Collected data

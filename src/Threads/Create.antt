-- ===== src/Threads/Create.antt =====
-- A new thread is at the end of the queue, on a stack from which the switch goes on at its entry.
use os_course_term.Common.{
  ℕ, ◌+◌, ◌^◌, ◌<◌, ◌≡◌, refl, sym, ap, ◌∙◌, subst, subst₂, arith, false, ◌==◌, if◌then◌else◌, List,
  [], ◌∷◌, ◌++◌, has, update, update_self, update_ne, ℕ_discrete, ok, Returns, returns,
  Returns-mono, pure, ◌>>◌, sub64, add64,
}
use os_course_term.LinkedList.{list_add_tail}
use os_course_term.LinkedList.Ring.{list_add_tail-IsRing}
use os_course_term.LinkedList.Splice.{has-append}
use os_course_term.Memory.{valloc}
use os_course_term.Slab.Allocator.{SlabHeap, on_phys, slab_allocator_alloc}
use os_course_term.Threading.{is_held, SpinState, spin_lock, spin_unlock}
use os_course_term.Threading.Spin.{spin_lock_taken, spin_unlock_given, given_back}
use os_course_term.Threading.Switch.{Thread, Scheduler, list_of, enqueue, on_mgmt, thread_running}
use os_course_term.Threading.Fair.{
  lists_of, lists_of-append, AllRunning, AllRunning-append, AllRunning-kept, apart_same,
  IsScheduled,
}
use os_course_term.Threads.{
  ThreadsState, heap_of, with_heap, on_scheduler, entry_rflags, ThreadsCmd, set_thread, add_running,
  push_all, thread_stack_size, create_thread,
}

-- What the switch reads of the stack of a new thread: the registers, the flags, and where to go on.
pub record IsFrame (words : ℕ → ℕ) (rsp thread_entry rflags entry arg : ℕ) : Type 0 where
  pub r15 : words rsp ≡ 0
  pub r14 : words (rsp + 8) ≡ 0
  pub r13 : words (rsp + 16) ≡ 0
  pub r12 : words (rsp + 24) ≡ 0
  pub rbp : words (rsp + 32) ≡ entry
  pub rbx : words (rsp + 40) ≡ arg
  pub flags : words (rsp + 48) ≡ entry_rflags rflags
  pub return_address : words (rsp + 56) ≡ thread_entry

-- The queue of `s'` is that of `s` and then `t`, with its frame at the end of the stack that begins at
-- `stack_start`.
pub record IsCreated (ts : List ℕ) (thread_entry rflags entry arg t stack_start : ℕ)
    (s' : ThreadsState) : Type 0 where
  pub scheduled : IsScheduled s'.scheduler (ts ++ t ∷ [])
  pub frame : IsFrame s'.words (s'.scheduler.threads t).rsp thread_entry rflags entry arg
  pub stack : (s'.scheduler.threads t).stack_start ≡ stack_start
  pub top : (s'.scheduler.threads t).rsp + 64 ≡ stack_start + thread_stack_size

-- What else `create_thread` leaves: the heap `h`, the current thread, the queue, and a lock that no
-- other thread holds.
pub record IsLeft (s : ThreadsState) (h : SlabHeap) (s' : ThreadsState) : Type 0 where
  pub heap : s'.threads_alloc ≡ h
  pub current : s'.scheduler.current_thread ≡ s.scheduler.current_thread
  pub queue : s'.scheduler.running_threads ≡ s.scheduler.running_threads
  pub mine : is_held s'.scheduler.current_thread s'.scheduler.threads_mgmt_lock ≡ false

abbrev locked_mgmt : ThreadsState → ThreadsState
locked_mgmt s = record s {
  scheduler = record s.scheduler {
    threads_mgmt_lock = record {
      locked = s.scheduler.threads_mgmt_lock.locked + 1;
      owner = s.scheduler.current_thread;
    };
  };
}

mgmt_taken :
    (s : ThreadsState)
    → is_held s.scheduler.current_thread s.scheduler.threads_mgmt_lock ≡ false
    → on_scheduler (on_mgmt spin_lock) s ≡ ok tt (locked_mgmt s)
mgmt_taken s mine =
    let cpu : SpinState = record {
      lock = s.scheduler.threads_mgmt_lock;
      interrupts = s.scheduler.interrupts;
    } in
    rw (spin_lock_taken s.scheduler.current_thread cpu mine) refl

mgmt_given :
    (count : ℕ) (s : ThreadsState)
    → s.scheduler.threads_mgmt_lock
      ≡ record { locked = count + 1; owner = s.scheduler.current_thread }
    → on_scheduler (on_mgmt spin_unlock) s
      ≡ ok tt (record s {
        scheduler = record s.scheduler {
          threads_mgmt_lock = record {
            locked = count;
            owner = if count == 0 then 0 else s.scheduler.current_thread;
          };
        };
      })
mgmt_given count s e =
    let cpu : SpinState = record {
      lock = s.scheduler.threads_mgmt_lock;
      interrupts = s.scheduler.interrupts;
    } in
    rw (spin_unlock_given s.scheduler.current_thread count cpu e) refl

-- The queue once a running thread is added at its end.
enqueue-IsScheduled :
    (s s' : Scheduler) (t : ℕ) (ts : List ℕ)
    → IsScheduled s ts
    → has (list_of t) (list_of s.current_thread ∷ s.running_threads ∷ lists_of ts) ≡ false
    → t + 16 < 2 ^ 64
    → s'.heads ≡ list_add_tail (list_of t) s.running_threads s.heads
    → s'.running_threads ≡ s.running_threads
    → s'.current_thread ≡ s.current_thread
    → (s'.threads t).state ≡ thread_running
    → ((u : ℕ) → (s.threads u).state ≡ thread_running → (s'.threads u).state ≡ thread_running)
    → IsScheduled s' (ts ++ t ∷ [])
enqueue-IsScheduled s s' t ts v out small heads queue current new kept =
    let append = lists_of-append ts (t ∷ []) in
    let out' : has (list_of t) (s.running_threads ∷ lists_of ts) ≡ false = ground (arith, out) in
    let ring =
      list_add_tail-IsRing s.heads (list_of t) s.running_threads (lists_of ts) v.ring out' in
    let after = AllRunning-kept s s' (s.current_thread ∷ ts) kept v.running in
    record {
      ring = rw (heads, queue, append) ring;
      apart = apart_same current queue append (
          ground (
            arith,
            v.apart,
            out,
            has-append (list_of s.current_thread) (lists_of ts) (list_of t ∷ []),
          ));
      running =
          subst (λ (c : ℕ). AllRunning s' (c ∷ ts ++ t ∷ [])) (sym current)
            (after.0, after.1, AllRunning-append s' ts (t ∷ []) after.2 (new, small, tt));
    }

-- The part of `create_thread` under the lock.
start_thread : (t stack : ℕ) → ThreadsCmd ℕ
start_thread t stack = do
  on_scheduler (on_mgmt spin_lock)
  set_thread t (λ x. record x { rsp = stack; state = thread_running })
  add_running t
  on_scheduler (on_mgmt spin_unlock)
  pure t

started_state : (t stack : ℕ) → ThreadsState → ThreadsState
started_state t stack s =
    let locked : Scheduler = (locked_mgmt s).scheduler in
    let started : Thread = record (s.scheduler.threads t) { rsp = stack; state = thread_running } in
    record s {
      scheduler =
          enqueue locked.running_threads t
            (record locked { threads = update s.scheduler.threads t started });
    }

start_thread-IsScheduled :
    (t stack : ℕ) (s : ThreadsState) (ts : List ℕ)
    → IsScheduled s.scheduler ts
    → t + 16 < 2 ^ 64
    → has
        (list_of t)
        (list_of s.scheduler.current_thread ∷ s.scheduler.running_threads ∷ lists_of ts)
      ≡ false
    → is_held s.scheduler.current_thread s.scheduler.threads_mgmt_lock ≡ false
    → Returns
        (λ r s'.
          (r ≡ t)
          × IsScheduled s'.scheduler (ts ++ t ∷ [])
          × ((s'.scheduler.threads t).rsp ≡ stack)
          × ((s'.scheduler.threads t).stack_start ≡ (s.scheduler.threads t).stack_start)
          × (s'.words ≡ s.words)
          × IsLeft s s.threads_alloc s')
        (start_thread t stack s)
unfolding start_thread started_state
start_thread-IsScheduled t stack s ts v small out mine =
    let started : Thread = record (s.scheduler.threads t) { rsp = stack; state = thread_running } in
    let here = update_self s.scheduler.threads t started in
    rw
      (
        mgmt_taken s mine,
        mgmt_given s.scheduler.threads_mgmt_lock.locked (started_state t stack s) refl,
      )
      (returns (
        refl,
        enqueue-IsScheduled s.scheduler _ t ts v out small refl refl refl
            (ap (λ (x : Thread). x.state) here)
            (λ u r. elim (ℕ_discrete u t) [
              | yes e ↦ rw (e, here) refl
              | no ne ↦
                  ap (λ (x : Thread). x.state) (update_ne s.scheduler.threads t started u ne) ∙ r
            ]),
        ap (λ (x : Thread). x.rsp) here,
        ap (λ (x : Thread). x.stack_start) here,
        refl,
        record {
          heap = refl;
          current = refl;
          queue = refl;
          mine = given_back s.scheduler.current_thread s.scheduler.threads_mgmt_lock.locked;
        },
      ))

pushed_words : (words : ℕ → ℕ) → (rsp thread_entry flags entry arg : ℕ) → ℕ → ℕ
pushed_words words rsp thread_entry flags entry arg =
    let called : ℕ → ℕ = update (update words (rsp + 56) thread_entry) (rsp + 48) flags in
    let saved : ℕ → ℕ = update (update called (rsp + 40) arg) (rsp + 32) entry in
    update (update (update (update saved (rsp + 24) 0) (rsp + 16) 0) (rsp + 8) 0) rsp 0

pushed-IsFrame :
    (words : ℕ → ℕ) (rsp thread_entry rflags entry arg : ℕ)
    → IsFrame
        (pushed_words words rsp thread_entry (entry_rflags rflags) entry arg)
        rsp
        thread_entry
        rflags
        entry
        arg
unfolding pushed_words
pushed-IsFrame words rsp thread_entry rflags entry arg = record {
  r15 = ground arith;
  r14 = ground arith;
  r13 = ground arith;
  r12 = ground arith;
  rbp = ground arith;
  rbx = ground arith;
  flags = ground arith;
  return_address = ground arith;
}

-- The words on the stack of `create_thread`, and where it ends.
push_all-frame :
    (stack_start thread_entry flags entry arg : ℕ) (s : ThreadsState)
    → stack_start + thread_stack_size < 2 ^ 64
    → push_all
        (thread_entry ∷ flags ∷ arg ∷ entry ∷ 0 ∷ 0 ∷ 0 ∷ 0 ∷ [])
        (add64 stack_start thread_stack_size)
        s
      ≡ ok (stack_start + 8128) (record s {
        words = pushed_words s.words (stack_start + 8128) thread_entry flags entry arg;
      })
unfolding push_all pushed_words
push_all-frame stack_start thread_entry flags entry arg s room =
    let base : ℕ = stack_start + 8128 in
    let a1 : sub64 (add64 stack_start 8192) 8 ≡ base + 56 = omega (arith, room) in
    let a2 : sub64 (base + 56) 8 ≡ base + 48 = omega (arith, room) in
    let a3 : sub64 (base + 48) 8 ≡ base + 40 = omega (arith, room) in
    let a4 : sub64 (base + 40) 8 ≡ base + 32 = omega (arith, room) in
    let a5 : sub64 (base + 32) 8 ≡ base + 24 = omega (arith, room) in
    let a6 : sub64 (base + 24) 8 ≡ base + 16 = omega (arith, room) in
    let a7 : sub64 (base + 16) 8 ≡ base + 8 = omega (arith, room) in
    let a8 : sub64 (base + 8) 8 ≡ base = omega (arith, room) in
    rw (a1, a2, a3, a4, a5, a6, a7, a8) refl

pub create_thread-IsCreated :
    (thread_entry rflags entry arg t stack_start : ℕ) (s : ThreadsState) (ts : List ℕ)
    (h h' : SlabHeap)
    → IsScheduled s.scheduler ts
    → slab_allocator_alloc (heap_of s) ≡ ok t h
    → on_phys (valloc thread_stack_size) (heap_of (with_heap s h)) ≡ ok stack_start h'
    → stack_start + thread_stack_size < 2 ^ 64
    → t + 16 < 2 ^ 64
    → has
        (list_of t)
        (list_of s.scheduler.current_thread ∷ s.scheduler.running_threads ∷ lists_of ts)
      ≡ false
    → is_held s.scheduler.current_thread s.scheduler.threads_mgmt_lock ≡ false
    → Returns
        (λ r s'.
          (r ≡ t) × IsCreated ts thread_entry rflags entry arg t stack_start s' × IsLeft s h' s')
        (create_thread thread_entry rflags entry arg s)
unfolding create_thread start_thread
create_thread-IsCreated thread_entry rflags entry arg t stack_start s ts h h' v a b room small out
      mine =
    let named : Thread = record (s.scheduler.threads t) { stack_start = stack_start } in
    let kept : (u : ℕ)
        → (s.scheduler.threads u).state ≡ thread_running
        → ((update s.scheduler.threads t named) u).state ≡ thread_running =
      λ u r. elim (ℕ_discrete u t) [
        | yes e ↦ rw (e, update_self s.scheduler.threads t named) (rw (← e) r)
        | no ne ↦ ap (λ (x : Thread). x.state) (update_ne s.scheduler.threads t named u ne) ∙ r
      ] in
    rw (a, b, push_all-frame stack_start thread_entry (entry_rflags rflags) entry arg _ room)
      (Returns-mono
        (start_thread-IsScheduled t _ _ ts
          (record {
            ring = v.ring;
            apart = v.apart;
            running =
                AllRunning-kept s.scheduler
                  (record s.scheduler { threads = update s.scheduler.threads t named })
                  (s.scheduler.current_thread ∷ ts) kept v.running;
          })
          small out mine)
        λ r s' (e, scheduled, rsp, start, words, left). (
          e,
          record {
            scheduled = scheduled;
            frame =
                subst₂ (λ (w : ℕ → ℕ) (sp : ℕ). IsFrame w sp thread_entry rflags entry arg)
                  (sym words) (sym rsp)
                  (pushed-IsFrame s.words (stack_start + 8128) thread_entry rflags entry arg);
            stack =
                start
                ∙ ap (λ (x : Thread). x.stack_start) (update_self s.scheduler.threads t named);
            top = omega (arith, rsp);
          },
          record { heap = left.heap; current = left.current; queue = left.queue; mine = left.mine },
        ))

> AIM OF THE TASK
Please copy every line of the records above in which "What" appears.

> SOLUTION FOR THIS TASK
-- What the switch reads of the stack of a new thread: the registers, the flags, and where to go on.
-- What else `create_thread` leaves: the heap `h`, the current thread, the queue, and a lock that no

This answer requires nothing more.